Je n'ai pas trouvé dans _Applescript in a nutshell_ 

Merci d'avance.

CD


----------



## Didier Guillion (27 Février 2005)

Danheux a dit:
			
		

> Comment faire pour changer le nom d'un fichier au moyen d'un script?
> Je n'ai pas trouvé dans _Applescript in a nutshell_



Perso, et pour eviter tout probleme j'utilise le shell:
(**********************************************************************************************************
Rename
**********************************************************************************************************)
on Rename(oldName, newName)
	if oldName is not equal to newName then
			set cmd to "mv -f " & quoted form of oldName & "  " & quoted form of newName
			do shell script cmd
	end if
end Rename


Cordialement


----------



## Anonyme (27 Février 2005)

Danheux a dit:
			
		

> Comment faire pour changer le nom d'un fichier au moyen d'un script ?
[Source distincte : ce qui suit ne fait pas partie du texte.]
-- ===== src/Store/Sessions.antt =====
-- What store.py answers about a session.
use Prim.Native.String
use pj_clusterintent.Prelude.{
  ℕ, String, ◌≡◌, refl, ◌⊎◌, some, List, [], ◌∷◌, map, str_eq, eq_iff, All, Option-cases,
  Bool-cases, inl, inr,
}
use mathlib.Core.Path.{subst}
use pj_clusterintent.Prelude.Dict
use pj_clusterintent.Prelude.Dict.{Dict, get-put_self}
use pj_clusterintent.Evidence.{RequestState}
use pj_clusterintent.Prelude.Result.{ok, err}
use pj_clusterintent.Store.Owner.{Identity, owner_key}
use pj_clusterintent.Store.Model.{Request, Session, Store, StoreError, not_found, not_owner}
use pj_clusterintent.Store.{continue_session, new_request, lookup_all, list_session_requests}
use pj_clusterintent.Store.WellFormed.{IsHeld, IsWellFormed}

abbrev pub BelongsTo : (sid owner : String) → Request → Type 0
BelongsTo sid owner r = (r.session_id ≡ sid) × (owner_key r.identity ≡ owner)

lookup_all_lem :
    (d : Dict Request) (sid owner : String) (rids : List String)
    → All (IsHeld d sid owner) rids
    → (rs : List Request) × (lookup_all d rids ≡ ok rs)
      × (map (λ r. r.request_id) rs ≡ rids)
      × All (BelongsTo sid owner) rs
unfolding lookup_all
lookup_all_lem d sid owner [] h = ([], refl, refl, tt)
lookup_all_lem d sid owner (rid ∷ rids) (h, hs) =
    let (rs, found, ids, all) = lookup_all_lem d sid owner rids hs in
    (
      h.request ∷ rs,
      rw (h.found, lookup_all) (rw found),
      cc (h.own_id),
      ((h.in_session, h.same_owner), all),
    )

-- In a well-formed store a session that is there lists all its requests, in order and without a
-- KeyError, and each belongs to the session and to its owner.
pub list_session_requests_total :
    (sid : String) (session : Session) (s : Store)
    → IsWellFormed s
    → Dict.get sid s.sessions ≡ some session
    → (rs : List Request) × (list_session_requests sid s ≡ ok rs)
      × (map (λ r. r.request_id) rs ≡ session.request_ids)
      × All (BelongsTo sid (owner_key session.identity)) rs
unfolding list_session_requests
list_session_requests_total sid session s w found =
    let k = w.kept sid session found in
    let (rs, listed, ids, all) =
      lookup_all_lem s.requests session.session_id (owner_key session.identity) session.request_ids
        k.held in
    (
      rs,
      rw (found, list_session_requests) listed,
      ids,
      subst (λ x. All (BelongsTo x (owner_key session.identity)) rs) k.own_id all,
    )

-- In a well-formed store `continue_session` either raises and leaves the store as it was, or the
-- session is there and its owner is the caller's; the queued request that it returns then stands
-- in the store, in that session, and is the caller's.
continue_session_safe :
    (now : ℕ) (hex sid : String) (identity : Identity) (message : String) (s : Store)
    → IsWellFormed s
    → ((e : StoreError) × (continue_session now hex sid identity message s ≡ (err e, s)))
      ⊎ ((session : Session) × (r : Request) × (Dict.get sid s.sessions ≡ some session)
          × (owner_key session.identity ≡ owner_key identity)
          × ((continue_session now hex sid identity message s).0 ≡ ok r)
          × (Dict.get r.request_id (continue_session now hex sid identity message s).1.requests
              ≡ some r)
          × BelongsTo sid (owner_key identity) r
          × (r.state ≡ RequestState.queued))
unfolding continue_session
continue_session_safe now hex sid identity message s w =
    elim (Option-cases (Dict.get sid s.sessions)) [
      | inl missing ↦
          inl (not_found (String.◌++◌ "session not found: " sid), rw (missing, continue_session))
      | inr (session, found) ↦
          elim (Bool-cases (str_eq (owner_key session.identity) (owner_key identity))) [
            | inl own ↦ inr (
              session,
              new_request now hex session identity message,
              found,
              (eq_iff _ _).0 own,
              rw (found, continue_session) (rw own refl),
              rw (found, continue_session) (rw own (get-put_self _ _ s.requests)),
              ((w.kept sid session found).own_id, refl),
              refl,
            )
            | inr other ↦ inl (not_owner, rw (found, continue_session) (rw other refl))
          ]
    ]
Voici un exemple de _droplet_ (par ailleurs parfaitement inutile ) qui utilise le Finder pour renommer le fichier glissé sur son icône.
Copie le code et colle-le dans la fenêtre de l'Éditeur de scripts, puis enregistre le document en tant qu'application.

on open theSelection
repeat with thisItem from 1 to (count every item in theSelection as list)
set thisItem to item thisItem of (theSelection as list)
if folder of (info for thisItem) is false then
set oldName to name of (info for thisItem)
display dialog "Entrez un nouveau nom :" default answer oldName buttons {"Annuler", "Renommer"} default button 2 with icon note
if button returned of the result is "Renommer" then
set newName to text returned of the result
tell application "Finder" to set name of thisItem to newName​else
return​end if​end if​end repeat​end open

P.S. : J'ai choisi de faire en sorte que ça ne fonctionne qu'avec des fichiers.
Pour que ça marche avec des dossiers, il suffit de supprimer la boucle conditonnelle "if folder of (info for thisItem) is false then" / "end if".


----------



## Danheux (2 Mars 2005)

Didier Guillion a dit:
			
		

> Perso, et pour eviter tout probleme j'utilise le shell:
> (**********************************************************************************************************
> Rename
> **********************************************************************************************************)
> ...




D'abord merci à vous qui avez répondus.
Pour faire le test, j'ai créé avec TextEdit sur le bureau un fichier texte nommé "Jour" que je voudrais changer en "Nuit".
Malheureusement je ne parviens pas à trouver l'astuce pour que _oldname_ et _newname_ soient considérés comme noms de fichiers. Quoi que j'aie essayé, notamment avec _reference_ 

set Jour to a reference to (the name of file "Jour" of desktop) 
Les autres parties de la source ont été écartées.